Nunca se sabe o que esperar de uma pessoa que gosta de ler e de estudar

Nunca se sabe o que esperar de uma pessoa que gosta de ler e de estudar

No bairro onde passei alguns anos de minha infância, estudar não era coisa a que se desse grande valor. Para a maioria das famílias, se o filho aprendesse o suficiente para conseguir emprego numa fábrica ou numa loja, já estava muito bom. Passar disso era ambicionar demais, já era estar querendo se meter a filho de doutor. Minha mãe, no entanto, era uma exceção, não sem motivo ela se chamava Conceição (no oficial); Ceção (para as coisas do dia a dia) e uma de suas ideias fixas era arrumar colégio para nós. De modo que eu e meus irmãos tínhamos grande dificuldade de escapar dos estudos. Apesar disso, eu comungava da crença geral entre a garotada local de que estudar contrariava a natureza humana. Não podia ser normal a gente ter que renunciar a jogar pelada ou apostar corrida pelas ruas para se enfurnar entre quatro paredes, contemplando a professora diante de um quadro negro, fazendo umas contas malucas que ninguém entendia.

 Mas havia nesse bairro certa mocinha que gostava de estudar. Aquilo rompia com a harmonia do universo. Lá ia ela carregando livros e cadernos e, ao contrário de nós outros, com a cara mais feliz do mundo. Sim, ela não apenas ia ao colégio, mas ia contente. Verdade que, sendo alguns anos mais velha do que nós, frequentava uma escola no Centro e ainda se dava ao luxo de ir e vir de bicicleta, enquanto nós marchávamos a pé para o grupo escolar da vizinhança. O mais assombroso era que havia quem garantisse que ela gostava também de ler, isto é, não se limitava aos que os professores mandavam, mas por conta própria enfiava os olhos e a cara em livros que ela mesma procurava.

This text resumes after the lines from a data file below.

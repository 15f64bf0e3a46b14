-- ===== src/Trigger/Timed.antt =====
-- The loop that measures each block steps what the plain loop steps.
use microblx.Base.{
  ℕ, ◌+◌, ◌%◌, ◌≡◌, refl, true, false, some, none_ne_some, List, [], ◌∷◌, arith, inl, inr, length,
  Bool-cases, Option-cases, if◌then◌else◌, ◌==◌,
}
use microblx.Base.Int.{ℤ, pos, negsuc, eqb_ℤ}
use microblx.Time.{Timespec}
use microblx.Store.{World}
use microblx.Lifecycle.{Hooks}
use microblx.Trigger.{Tstat, tstat_update, Triggee}
use microblx.Trigger.Chains.{trig_single_block, trig_blocks, trig_timed}
use microblx.Trigger.Ready.{Divides}

module _ {T : Type 0} (hooks : Hooks T) (clock : ℕ → Timespec) where
  -- What the measuring loop returns, with statistics that still fit.
  abbrev pub Timed : ℕ → List Triggee → List Tstat → ℤ → ℕ → World T → ℤ → World T → Type 0
  Timed cnt ts sts ret n w ret' w' =
      (sts' : List Tstat) × (n' : ℕ) × (trig_timed hooks clock cnt ts sts ret n w
        ≡ some (ret', sts', n', w'))
      × (length sts' ≡ length sts)

  skipped-Timed :
      (cnt : ℕ) (t : Triggee) (ts : List Triggee) (s : Tstat) (sts : List Tstat) (ret : ℤ) (n : ℕ)
      (w : World T)
      → (ret' : ℤ) (w' : World T) → (t.every == 0) ≡ false
      → (cnt % t.every == 0) ≡ false
      → Timed cnt ts sts ret n w ret' w'
      → Timed cnt (t ∷ ts) (s ∷ sts) ret n w ret' w'
  unfolding trig_timed
  skipped-Timed cnt t ts s sts ret n w ret' w' some_every skip (sts', n', out, same) =
      (s ∷ sts', n', rw (trig_timed, some_every, skip, out) refl, omega arith)

  stepped-Timed :
      (cnt : ℕ) (t : Triggee) (ts : List Triggee) (s : Tstat) (sts : List Tstat) (ret : ℤ) (n : ℕ)
      (w : World T)
      → (r : ℤ) (w1 : World T) (ret' : ℤ) (w' : World T) → (t.every == 0) ≡ false
      → (cnt % t.every == 0) ≡ true
      → trig_single_block hooks t w ≡ some (r, w1)
      → Timed cnt ts sts (if eqb_ℤ r (pos 0) then ret else negsuc 0) (n + 2) w1 ret' w'
      → Timed cnt (t ∷ ts) (s ∷ sts) ret n w ret' w'
  unfolding trig_timed
  stepped-Timed cnt t ts s sts ret n w r w1 ret' w' some_every due step (sts', n', out, same) = (
    tstat_update s (clock n) (clock (n + 1)) ∷ sts',
    n',
    rw (trig_timed, some_every, due, step, out) refl,
    omega arith,
  )

  -- The measuring loop steps the blocks that the plain one steps, where the statistics fit.
  pub trig_timed_lem :
      (cnt : ℕ) (ts : List Triggee) (sts : List Tstat) (ret : ℤ) (n : ℕ) (w : World T) (ret' : ℤ)
      (w' : World T)
      → Divides ts
      → length sts ≡ length ts
      → trig_blocks hooks cnt ts ret w ≡ some (ret', w')
      → Timed cnt ts sts ret n w ret' w'
  unfolding trig_timed trig_blocks
  trig_timed_lem cnt [] sts ret n w ret' w' d fit out = (sts, n, ground arith, refl)
  trig_timed_lem cnt (t ∷ ts) [] ret n w ret' w' d fit out = absurd (omega arith)
  trig_timed_lem cnt (t ∷ ts) (s ∷ sts) ret n w ret' w' d fit out =
      elim (Bool-cases (cnt % t.every == 0)) [
        | inr skip ↦ skipped-Timed cnt t ts s sts ret n w ret' w' d.0 skip (
            trig_timed_lem cnt ts sts ret n w ret' w' d.1 (omega arith)
              (rw (trig_blocks, d.0, skip) at out))
        | inl due ↦ elim (Option-cases (trig_single_block hooks t w)) [
          | inl fault ↦ absurd (none_ne_some (rw (trig_blocks, d.0, due, fault) at out))
          | inr ((r, w1), step) ↦ stepped-Timed cnt t ts s sts ret n w r w1 ret' w' d.0 due step (
              trig_timed_lem cnt ts sts (if eqb_ℤ r (pos 0) then ret else negsuc 0) (n + 2) w1 ret'
                w' d.1 (omega arith) (rw (trig_blocks, d.0, due, step) at out))
        ]
      ]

 Diante de tamanha estranheza, também os adultos tinham a suspeita de que a moça era, como então se dizia, meio gira. Ou seja, meio pancada, meio abestada. Para falar francamente, meio maluca. A família, no entanto, tratava-a com naturalidade e até mesmo com orgulho. A mãe dela chegava a olhar a gente de cima, como se dissesse que a filha não era da nossa laia, muito pelo contrário, era alguém que gostava de estudar. Alguém que podia até vir a ser datilógrafa em algum escritório ou secretária em alguma fábrica, por que não?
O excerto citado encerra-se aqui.